# Duda con Ground en Proteus



## kaki (Nov 18, 2009)

Buenas estoy usando Proteus 7.2 SP6 Professional y tengo una duda con GROUND(Tierra o masa)... no se por que no la masa de esta version no es la que todos estamos acostrumbrado a ver, no se si es problema de configuracion o la version del proteus...

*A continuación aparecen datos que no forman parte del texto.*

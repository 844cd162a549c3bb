-- ===== src/Slab/Invariant.antt =====
-- When the lists of slabs, the free objects and the counts of kernel/src/mm/slab.c agree.
use munk_os.Prelude.{
  ℕ, ◌+◌, ◌^◌, ◌≡◌, ◌<◌, arith, Bool, true, false, ◌&&◌, List, [], ◌∷◌, mem, ◌==◌, length,
}
use munk_os.Links.{Ptr, Links}
use munk_os.Links.Segments.{Chain, Disjoint}
use munk_os.Slab.Caches.{SlabCache, Heap, Fill, full, partial, empty, slabs_of}

abbrev pub same_fill : Fill → Fill → Bool
same_fill full full = true
same_fill partial partial = true
same_fill empty empty = true
same_fill _ _ = false

-- From the address `p` on, the first words of the distinct objects `xs` lead to NULL.
abbrev pub Objs : (ℕ → ℕ) → ℕ → List ℕ → Type 0
Objs w p [] = p ≡ 0
Objs w p (x ∷ xs) = (p ≡ x) × (0 < x) × (mem x xs ≡ false) × Objs w (w x) xs

pub frame-Objs :
    (w u : ℕ → ℕ) (p : ℕ) (xs : List ℕ)
    → ((a : ℕ) → mem a xs ≡ true → u a ≡ w a)
    → Objs w p xs
    → Objs u p xs
frame-Objs w u p [] same o = o
frame-Objs w u p (x ∷ xs) same o =
    ground (arith, same x, frame-Objs w u (w x) xs (λ a i. same a (ground arith)))

-- The slabs of each list of each cache.
abbrev pub Slabs : Type 0
Slabs = ℕ → Fill → List ℕ

abbrev pub Listed : Slabs → ℕ → Type 0
Listed slabs s = (c : ℕ) × (f : Fill) × (mem s (slabs c f) ≡ true)

-- The pointers lead through the slabs, and no slab is in two lists.
pub record AreLinked (l : Links) (caches : ℕ → SlabCache) (slabs : Slabs) : Type 0 where
  pub each : (c : ℕ) (f : Fill) → (tail : Ptr) × Chain l (slabs_of (caches c) f) (slabs c f) tail
  pub apart :
      (c d : ℕ) (f g : Fill) → (c == d && same_fill f g) ≡ false → Disjoint (slabs c f) (slabs d g)

-- How many objects of a slab may be in use in each list.
abbrev pub Uses : Fill → ℕ → ℕ → Type 0
Uses full used total = (used ≡ 0) × (1 < total)
Uses partial used total = (0 < used) × (used < total)
Uses empty used total = (used ≡ total) × (1 < total)

-- Slab `s` has the free objects `free s`.
pub record AreObjects (h : Heap) (slabs : Slabs) (free : ℕ → List ℕ) : Type 0 where
  pub owner : (c s : ℕ) (f : Fill) → mem s (slabs c f) ≡ true → h.this_cache s ≡ c
  pub uses :
      (c s : ℕ) (f : Fill) → mem s (slabs c f) ≡ true → Uses f (h.used_objs s) (h.slab_objs s)
  pub chain : (s : ℕ) → Listed slabs s → Objs h.word (h.freelist s) (free s)
  pub count : (s : ℕ) → Listed slabs s → h.used_objs s + length (free s) ≡ h.slab_objs s
  pub small : (s : ℕ) → Listed slabs s → h.slab_objs s < 2 ^ 16
  pub apart :
      (s t : ℕ) → Listed slabs s → Listed slabs t → (s == t) ≡ false → Disjoint (free s) (free t)

pub record IsValid (h : Heap) (slabs : Slabs) (free : ℕ → List ℕ) : Type 0 where
  pub linked : AreLinked h.links h.caches slabs
  pub objects : AreObjects h slabs free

Aca esta la GROUND que me aparece a mi:






Y la que veo en todos los videos manuales es esta:






Saludos...


----------



## marcos gutierrez (Nov 20, 2009)

hola,no te hagas problema yo tenia en la version 7.5 sp3 ese simbolo de masa,luego en la version 7.6sp0 salio con la masa en forma triangular ,espero que te despejes la duda chu...


----------



## kaki (Nov 24, 2009)

tengo el 7.6 SP0 y sigue saliendo la masa fea esa no la triangular... Ya intale 100 versiones y todos los mismo.. no se q pasa aca..


----------



## principiantetardio (Nov 24, 2009)

Hola, por lo que veo Uds ya usan el Proteus, yo aun no le encuentro el hilo.
Me podrian guiar donde conseguir datos de entrenamiento en el uso del programa?

Gracias


----------



## Vick (Nov 24, 2009)

Es curioso lo de los símbolos de tierra en Proteus... a mi siempre me aparece el más común (el de las tres líneas en triangulo) aunque alguna vez descargue un archivo de Proteus no recuerdo de donde y tenía el otro símbolo y me pareció raro.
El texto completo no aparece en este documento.